# Amazon sword shooting off runners



## Daryl (Jun 1, 2010)

Hey all,

My amazon sword plant is starting to send off a bunch of runners that have what appear to be a number of new smaller sword plants. I assume the plant is propogating, but I'm not sure what to do about it, if anything. 

Should I be cutting these runners off? Will the main plant be harmed if I do?

I'm not really interested in growing any additional sword plants, but I don't want to ruin the established plant.


----------



## jobber (May 14, 2010)

Leave them until they grow leaves and perhaps roots. Won't hurt mother plant.


----------



## TheYellowDart (May 3, 2010)

Let them grow and then sell them on here for cheap.


----------



## 2wheelsx2 (Apr 21, 2010)

You can let them grow a bit and cut them off or you can just let them continue to grow. They start taking in their own nutrients once they get big enough leaves.


----------



## Rogo (Mar 1, 2015)

Once the off-shoot has its own roots you can safely cut it from the main plant.

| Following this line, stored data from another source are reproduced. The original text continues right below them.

-- ===== src/Workers/Slots.antt =====
-- The table of a capacity in python/pydeno/_sandbox_pool.py: its tokens, once each, and what they hold.
use pydeno.Prelude.{
  ℕ, suc, ◌≤◌, ◌≡◌, refl, Bool, true, false, ◌||◌, none, some, [], ◌∷◌, ◌==◌, ==_iff, length,
  if◌then◌else◌, All, arith, if_both, Bool-cases, inl, inr, subst, ap, sym,
}
use pydeno.Workers.{Held, Workers, counts, prune, find, assign, pop}

abbrev pub has : ℕ → Workers → Bool
has token [] = false
has token ((other, held) ∷ rest) = token == other || has token rest

-- No token stands twice.
abbrev pub AreDistinct : Workers → Type 0
AreDistinct [] = Unit
AreDistinct ((token, held) ∷ rest) = (has token rest ≡ false) × AreDistinct rest

pub length-prune : (alive : ℕ → Bool) (ws : Workers) → length (prune alive ws) ≤ length ws
unfolding prune
length-prune alive [] = omega arith
length-prune alive ((t, h) ∷ ws) = ground (arith, length-prune alive ws)

pub length-pop : (token : ℕ) (ws : Workers) → length (pop token ws) ≤ length ws
unfolding pop
length-pop token [] = omega arith
length-pop token ((t, h) ∷ ws) = ground (arith, length-pop token ws)

pub length-assign :
    (token : ℕ) (held : Held) (ws : Workers)
    → length (assign token held ws) ≡ (if has token ws then length ws else suc (length ws))
unfolding assign
length-assign token held [] = omega arith
length-assign token held ((t, h) ∷ ws) = ground (arith, length-assign token held ws)

pub has-prune :
    (alive : ℕ → Bool) (token : ℕ) (ws : Workers)
    → has token ws ≡ false
    → has token (prune alive ws) ≡ false
unfolding prune
has-prune alive token [] h = refl
has-prune alive token ((t, held) ∷ ws) h = ground (arith, has-prune alive token ws)

pub has-pop :
    (token popped : ℕ) (ws : Workers) → has token ws ≡ false → has token (pop popped ws) ≡ false
unfolding pop
has-pop token popped [] h = refl
has-pop token popped ((t, held) ∷ ws) h = ground (arith, has-pop token popped ws)

-- Another token that stood there stands there still.
pub has-pop_ne :
    (token popped : ℕ) (ws : Workers)
    → (token == popped) ≡ false
    → has token (pop popped ws) ≡ has token ws
unfolding pop
has-pop_ne token popped [] n = refl
has-pop_ne token popped ((t, held) ∷ ws) n = ground (arith, has-pop_ne token popped ws)

pub has-assign :
    (token key : ℕ) (held : Held) (ws : Workers)
    → has token (assign key held ws) ≡ (token == key || has token ws)
unfolding assign
has-assign token key held [] = ground arith
has-assign token key held ((t, h) ∷ ws) = ground (arith, has-assign token key held ws)

pub AreDistinct-prune :
    (alive : ℕ → Bool) (ws : Workers) → AreDistinct ws → AreDistinct (prune alive ws)
unfolding prune
AreDistinct-prune alive [] d = tt
AreDistinct-prune alive ((t, h) ∷ ws) d =
    if_both AreDistinct (counts alive h) ((t, h) ∷ prune alive ws) (prune alive ws)
      (λ _. (has-prune alive t ws d.0, AreDistinct-prune alive ws d.1))
      (λ _. AreDistinct-prune alive ws d.1)

pub AreDistinct-pop : (token : ℕ) (ws : Workers) → AreDistinct ws → AreDistinct (pop token ws)
unfolding pop
AreDistinct-pop token [] d = tt
AreDistinct-pop token ((t, h) ∷ ws) d =
    if_both AreDistinct (token == t) ws ((t, h) ∷ pop token ws) (λ _. d.1)
      (λ _. (has-pop t token ws d.0, AreDistinct-pop token ws d.1))

pub AreDistinct-assign :
    (token : ℕ) (held : Held) (ws : Workers) → AreDistinct ws → AreDistinct (assign token held ws)
unfolding assign
AreDistinct-assign token held [] d = (refl, tt)
AreDistinct-assign token held ((t, h) ∷ ws) d =
    if_both AreDistinct (token == t) ((t, held) ∷ ws) ((t, h) ∷ assign token held ws) (λ _. d)
      (λ n. (ground (arith, has-assign t token held ws), AreDistinct-assign token held ws d.1))

module _ {ℓ} (P : ℕ × Held → Type ℓ) where
  pub All-prune : (alive : ℕ → Bool) (ws : Workers) → All P ws → All P (prune alive ws)
  unfolding prune
  All-prune alive [] h = tt
  All-prune alive ((t, held) ∷ ws) h =
      if_both (All P) (counts alive held) ((t, held) ∷ prune alive ws) (prune alive ws)
        (λ _. (h.0, All-prune alive ws h.1)) (λ _. All-prune alive ws h.1)

  pub All-pop : (token : ℕ) (ws : Workers) → All P ws → All P (pop token ws)
  unfolding pop
  All-pop token [] h = tt
  All-pop token ((t, held) ∷ ws) h =
      if_both (All P) (token == t) ws ((t, held) ∷ pop token ws) (λ _. h.1)
        (λ _. (h.0, All-pop token ws h.1))

  pub All-assign :
      (token : ℕ) (held : Held) (ws : Workers)
      → All P ws
      → P (token, held)
      → All P (assign token held ws)
  unfolding assign
  All-assign token held [] h p = (p, tt)
  All-assign token held ((t, old) ∷ ws) h p =
      if_both (All P) (token == t) ((t, held) ∷ ws) ((t, old) ∷ assign token held ws)
        (λ e. (subst (λ k. P (k, held)) ((==_iff token t).0 e) p, h.1))
        (λ _. (h.0, All-assign token held ws h.1 p))

of_some {ℓ} : {A : Type ℓ} (a b : A) → some a ≡ some b → a ≡ b
of_some a b h = ap (λ o. elim o [ none ↦ a | some x ↦ x ]) h

-- What a token that is found holds.
pub found {ℓ} :
    (P : ℕ × Held → Type ℓ) (token : ℕ) (held : Held) (ws : Workers)
    → All P ws
    → find token ws ≡ some held
    → P (token, held)
unfolding find
found P token held [] h e = cc
found P token held ((t, old) ∷ ws) h e = elim (Bool-cases (token == t)) [
  | inl here ↦
      let same : old ≡ held = of_some old held (rw here at e) in
      subst (λ k. P (k, held)) (sym ((==_iff token t).0 here)) (subst (λ o. P (t, o)) same h.0)
  | inr there ↦ found P token held ws h.1 (rw there at e)
]

pub has-find :
    (token : ℕ) (held : Held) (ws : Workers) → find token ws ≡ some held → has token ws ≡ true
unfolding find
has-find token held [] e = cc
has-find token held ((t, old) ∷ ws) e = ground (arith, has-find token held ws)

-- What each slot is known to hold carries over from one fact of the slots to another.
pub All-find {ℓ κ} :
    (P : ℕ × Held → Type ℓ) (Q : ℕ × Held → Type κ) (ws : Workers)
    → AreDistinct ws
    → ((token : ℕ) (held : Held) → find token ws ≡ some held → P (token, held) → Q (token, held))
    → All P ws
    → All Q ws
unfolding find
All-find P Q [] d f h = tt
All-find P Q ((t, old) ∷ ws) d f h = (
  f t old (rw ((==_iff t t).1 refl) refl) h.0,
  All-find P Q ws d.1 (λ token held e p. f token held (elsewhere t token old held ws d.0 e) p) h.1,
)
  where
    elsewhere :
        (t token : ℕ) (old held : Held) (ws : Workers)
        → has t ws ≡ false
        → find token ws ≡ some held
        → find token ((t, old) ∷ ws) ≡ some held
    elsewhere t token old held ws d e = ground (arith, has-find token held ws, e)
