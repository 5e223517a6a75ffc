-- ===== src/Workers/Kept.antt =====
-- The slots of a pool of workers in python/pydeno/_sandbox_pool.py: every process that runs has its own.
use pydeno.Prelude.{
  ℕ, ◌<◌, ◌≡◌, refl, sym, ap, ◌∙◌, subst, Bool, true, Option, none, some, [], ◌∷◌, ◌==◌, ==_iff,
  if◌then◌else◌, All, arith, if_both, Bool-cases, inl, inr,
}
use pydeno.Workers.{Held, reserved, process, handover, Workers, counts, prune, assign, pop}
use pydeno.Workers.Slots.{
  has, AreDistinct, has-pop_ne, has-assign, AreDistinct-prune, AreDistinct-pop, AreDistinct-assign,
  All-prune, All-pop, All-assign,
}

-- What a slot says of the process that runs under its token.
abbrev pub HoldsWell : (ℕ → Bool) → ℕ → Option ℕ → Held → Type 0
HoldsWell alive next_proc running reserved = Unit
HoldsWell alive next_proc running (process p) =
    (p < next_proc) × (running ≡ (if alive p then some p else none))
HoldsWell alive next_proc running (handover p) =
    (p < next_proc) × (alive p ≡ true → running ≡ some p)

-- Every process that runs has its slot, and a slot has at most one.
pub record AreKept (alive : ℕ → Bool) (running : ℕ → Option ℕ) (next_proc next_token : ℕ)
    (ws : Workers) : Type 0 where
  pub slots : All (λ e. (e.0 < next_token) × HoldsWell alive next_proc (running e.0) e.1) ws
  pub distinct : AreDistinct ws
  pub covered :
      (token p : ℕ)
      → running token ≡ some p
      → (has token ws ≡ true) × (alive p ≡ true) × (p < next_proc)
  pub apart : (token other p : ℕ) → running token ≡ some p → running other ≡ some p → token ≡ other
  pub housed : (p : ℕ) → alive p ≡ true → (token : ℕ) × (running token ≡ some p)

running_counts :
    (alive : ℕ → Bool) (next_proc p : ℕ) (running : Option ℕ) (held : Held)
    → running ≡ some p
    → HoldsWell alive next_proc running held
    → counts alive held ≡ true
running_counts alive next_proc p running reserved e h = refl
running_counts alive next_proc p running (handover q) e h = refl
running_counts alive next_proc p running (process q) e h = elim (Bool-cases (alive q)) [
  | inl lives ↦ lives
  | inr dead ↦ let gone : running ≡ none = rw dead at (h.1) in cc (sym e ∙ gone)
]

module _ (alive : ℕ → Bool) (running : ℕ → Option ℕ) (next_proc next_token : ℕ) where
  prune_keeps_running :
      (token p : ℕ) (ws : Workers)
      → running token ≡ some p
      → All (λ e. (e.0 < next_token) × HoldsWell alive next_proc (running e.0) e.1) ws
      → has token ws ≡ true
      → has token (prune alive ws) ≡ true
  unfolding prune
  prune_keeps_running token p [] e h m = m
  prune_keeps_running token p ((t, held) ∷ ws) e h m = elim (Bool-cases (token == t)) [
    | inl same ↦
        let e' : running t ≡ some p = subst (λ k. running k ≡ some p) ((==_iff token t).0 same) e in
        rw (running_counts alive next_proc p (running t) held e' h.0.1, same) refl
    | inr other ↦
        let later = prune_keeps_running token p ws e h.1 (rw other at m) in
        if_both (λ l. has token l ≡ true) (counts alive held) ((t, held) ∷ prune alive ws)
          (prune alive ws) (λ _. rw other later) (λ _. later)
  ]

  pub prune-AreKept :
      (ws : Workers)
      → AreKept alive running next_proc next_token ws
      → AreKept alive running next_proc next_token (prune alive ws)
  prune-AreKept ws k = record {
    slots = All-prune _ alive ws k.slots;
    distinct = AreDistinct-prune alive ws k.distinct;
    covered = λ token p e. (
      prune_keeps_running token p ws e k.slots (k.covered token p e).0,
      (k.covered token p e).1,
      (k.covered token p e).2,
    );
    apart = k.apart;
    housed = k.housed;
  }

  pub assign-AreKept :
      (token : ℕ) (held : Held) (ws : Workers)
      → token < next_token
      → HoldsWell alive next_proc (running token) held
      → AreKept alive running next_proc next_token ws
      → AreKept alive running next_proc next_token (assign token held ws)
  assign-AreKept token held ws f w k = record {
    slots = All-assign _ token held ws k.slots (f, w);
    distinct = AreDistinct-assign token held ws k.distinct;
    covered = λ t p e. (
      ground (arith, has-assign t token held ws, k.covered t p e),
      (k.covered t p e).1,
      (k.covered t p e).2,
    );
    apart = k.apart;
    housed = k.housed;
  }

  pub pop-AreKept :
      (token : ℕ) (ws : Workers)
      → running token ≡ none
      → AreKept alive running next_proc next_token ws
      → AreKept alive running next_proc next_token (pop token ws)
  pop-AreKept token ws n k = record {
    slots = All-pop _ token ws k.slots;
    distinct = AreDistinct-pop token ws k.distinct;
    covered = λ t p e. (
      elim (Bool-cases (t == token)) [
        | inl same ↦ cc (sym e ∙ ap running ((==_iff t token).0 same) ∙ n)
        | inr other ↦ has-pop_ne t token ws other ∙ (k.covered t p e).0
      ],
      (k.covered t p e).1,
      (k.covered t p e).2,
    );
    apart = k.apart;
    housed = k.housed;
  }
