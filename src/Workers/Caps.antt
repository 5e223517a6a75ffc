-- ===== src/Workers/Caps.antt =====
-- A capacity within its cap, `max_workers` in python/pydeno/_sandbox_pool.py, and what its operations do
-- to the slots.
use pydeno.Prelude.{
  ℕ, suc, ◌≤◌, ◌<◌, ◌≡◌, refl, sym, ap, ◌∙◌, subst, Bool, true, false, Option, none, some, [], ◌∷◌,
  ltb, ◌==◌, ==_iff, length, All, arith, if_both, Bool-cases, inl, inr,
}
use pydeno.Workers.{
  Held, reserved, process, handover, Workers, WorkerCapacity, prune, live, available, find, assign,
  pop, token_of, handed, is_pending, let_go, reserve, add_reserved,
}
use pydeno.Workers.Start.{System, CanStart}
use pydeno.Workers.Slots.{has, length-pop, length-assign, has-find, found, All-find}
use pydeno.Workers.Kept.{HoldsWell, AreKept, assign-AreKept, pop-AreKept}

-- At most as many slots as the cap, and in them all that runs.
pub record IsCapped (maximum : ℕ) (s : System) : Type 0 where
  pub cap : s.capacity.maximum ≡ some maximum
  pub size : length s.capacity.workers ≤ maximum
  pub kept : AreKept s.alive s.running s.next_proc s.capacity.next_token s.capacity.workers

pub available_capped :
    (alive : ℕ → Bool) (maximum : ℕ) (c : WorkerCapacity)
    → c.maximum ≡ some maximum
    → available alive c
      ≡ (record c { workers = prune alive c.workers }, ltb (length (prune alive c.workers)) maximum)
unfolding available live
available_capped alive maximum c e =
    ap (λ o. elim o [ none ↦ (c, true) | some m ↦ ((live alive c).0, ltb (live alive c).1 m) ]) e

pub reserve_capped :
    (maximum : ℕ) (c : WorkerCapacity)
    → c.maximum ≡ some maximum
    → (reserve c).0
      ≡ record c { workers = assign c.next_token reserved c.workers; next_token = suc c.next_token }
unfolding reserve
reserve_capped maximum c e =
    ap
      (λ o. record c {
        workers = add_reserved o c.next_token c.workers;
        next_token = suc c.next_token;
      })
      e

pub fresh_token :
    (next_token : ℕ) (P : ℕ × Held → Type 0) (ws : Workers)
    → All (λ e. (e.0 < next_token) × P e) ws
    → has next_token ws ≡ false
fresh_token next_token P [] h = refl
fresh_token next_token P ((t, held) ∷ ws) h = ground (arith, h.0.0, fresh_token next_token P ws h.1)

pub of_some : (a b : ℕ) → some a ≡ some b → a ≡ b
of_some a b h = ap (λ o. elim o [ none ↦ a | some x ↦ x ]) h

behind :
    {P Q : Type 0} (t token : ℕ) (l : Workers)
    → P × Q × (has token l ≡ true)
    → P × Q × (has token ((t, reserved) ∷ l) ≡ true)
behind t token l h = (h.0, h.1, ground (arith, h.2))

-- The slot of a process that `hand_over` finds.
handed_slot :
    (alive : ℕ → Bool) (running : ℕ → Option ℕ) (next_proc next_token p token : ℕ) (l : Workers)
    → All (λ e. (e.0 < next_token) × HoldsWell alive next_proc (running e.0) e.1) l
    → token_of p l ≡ some token
    → (token < next_token)
      × HoldsWell alive next_proc (running token) (process p)
      × (has token l ≡ true)
unfolding token_of
handed_slot alive running next_proc next_token p token [] h e = cc
handed_slot alive running next_proc next_token p token ((t, reserved) ∷ l) h e =
    behind t token l (handed_slot alive running next_proc next_token p token l h.1 e)
handed_slot alive running next_proc next_token p token ((t, handover q) ∷ l) h e =
    behind t token l (handed_slot alive running next_proc next_token p token l h.1 e)
handed_slot alive running next_proc next_token p token ((t, process q) ∷ l) h e =
    elim (Bool-cases (p == q)) [
      | inl mine ↦
          let t_is : t ≡ token = of_some t token (rw mine at e) in
          let well : HoldsWell alive next_proc (running t) (process p) =
            subst (λ x. HoldsWell alive next_proc (running t) (process x))
              (sym ((==_iff p q).0 mine)) h.0.1 in
          (
            subst (λ x. x < next_token) t_is h.0.0,
            subst (λ x. HoldsWell alive next_proc (running x) (process p)) t_is well,
            rw t_is (rw ((==_iff token token).1 refl) refl),
          )
      | inr other ↦
          behind t token l
            (handed_slot alive running next_proc next_token p token l h.1 (rw other at e))
    ]

module _ (alive : ℕ → Bool) (running : ℕ → Option ℕ) (next_proc next_token : ℕ) (ws : Workers)
    (k : AreKept alive running next_proc next_token ws) where
  grows-AreKept : AreKept alive running next_proc (suc next_token) ws
  grows-AreKept = record {
    slots = All-find _ _ ws k.distinct (λ t held e h. (omega (arith, h.0), h.1)) k.slots;
    distinct = k.distinct;
    covered = k.covered;
    apart = k.apart;
    housed = k.housed;
  }

  pub reserve-AreKept :
      AreKept alive running next_proc (suc next_token) (assign next_token reserved ws)
  reserve-AreKept =
      assign-AreKept alive running next_proc (suc next_token) next_token reserved ws (omega arith)
        tt grows-AreKept

  pub start_token :
      (token : ℕ) (o : Option Held)
      → find token ws ≡ o
      → CanStart alive o
      → (token < next_token) × (has token ws ≡ true)
  start_token token none e c = absurd c
  start_token token (some held) e c =
      ((found _ token held ws k.slots e).0, has-find token held ws e)

  -- `release` of a start that has nothing running, or that waits for a process that has not exited.
  pub let_go-AreKept :
      (token : ℕ) (o : Option Held)
      → find token ws ≡ o
      → (is_pending alive o ≡ false → running token ≡ none)
      → AreKept alive running next_proc next_token (let_go alive token o ws)
        × (length (let_go alive token o ws) ≤ length ws)
  let_go-AreKept token none e n =
      (pop-AreKept alive running next_proc next_token token ws (n refl) k, length-pop token ws)
  let_go-AreKept token (some reserved) e n =
      (pop-AreKept alive running next_proc next_token token ws (n refl) k, length-pop token ws)
  let_go-AreKept token (some (process p)) e n =
      (pop-AreKept alive running next_proc next_token token ws (n refl) k, length-pop token ws)
  let_go-AreKept token (some (handover p)) e n =
      let slot = found _ token (handover p) ws k.slots e in
      if_both (λ l. AreKept alive running next_proc next_token l × (length l ≤ length ws)) (alive p)
        (assign token (process p) ws) (pop token ws)
        (λ a. (
          assign-AreKept alive running next_proc next_token token (process p) ws slot.0
              (slot.1.0, slot.1.1 a ∙ rw a refl) k,
          ground (arith, length-assign token (process p) ws, has-find token (handover p) ws e),
        ))
        (λ d.
          (pop-AreKept alive running next_proc next_token token ws (n d) k, length-pop token ws))

  pub handed-AreKept :
      (p : ℕ) (o : Option ℕ)
      → token_of p ws ≡ o
      → AreKept alive running next_proc next_token (handed o p ws)
        × (length (handed o p ws) ≡ length ws)
  handed-AreKept p none e = (k, refl)
  handed-AreKept p (some token) e =
      let (below, well, there) =
        handed_slot alive running next_proc next_token p token ws k.slots e in
      (
        assign-AreKept alive running next_proc next_token token (handover p) ws below
            (well.0, λ a. well.1 ∙ rw a refl) k,
        length-assign token (handover p) ws ∙ rw there refl,
      )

I also cut-off the "stem" at the base of the main plant, too.


----------



## Daryl (Jun 1, 2010)

Good to know. Thanks everyone. The runners have lots of clumps of leaves, but no roots yet. I'll let them get bigger and then cut them & post them here for cheap.


----------



## Rogo (Mar 1, 2015)

Daryl said:


> Good to know. Thanks everyone. The runners have lots of clumps of leaves, but no roots yet. I'll let them get bigger and then cut them & *post them here for cheap.*


...and everyone gets in line to be the first to send a PM


----------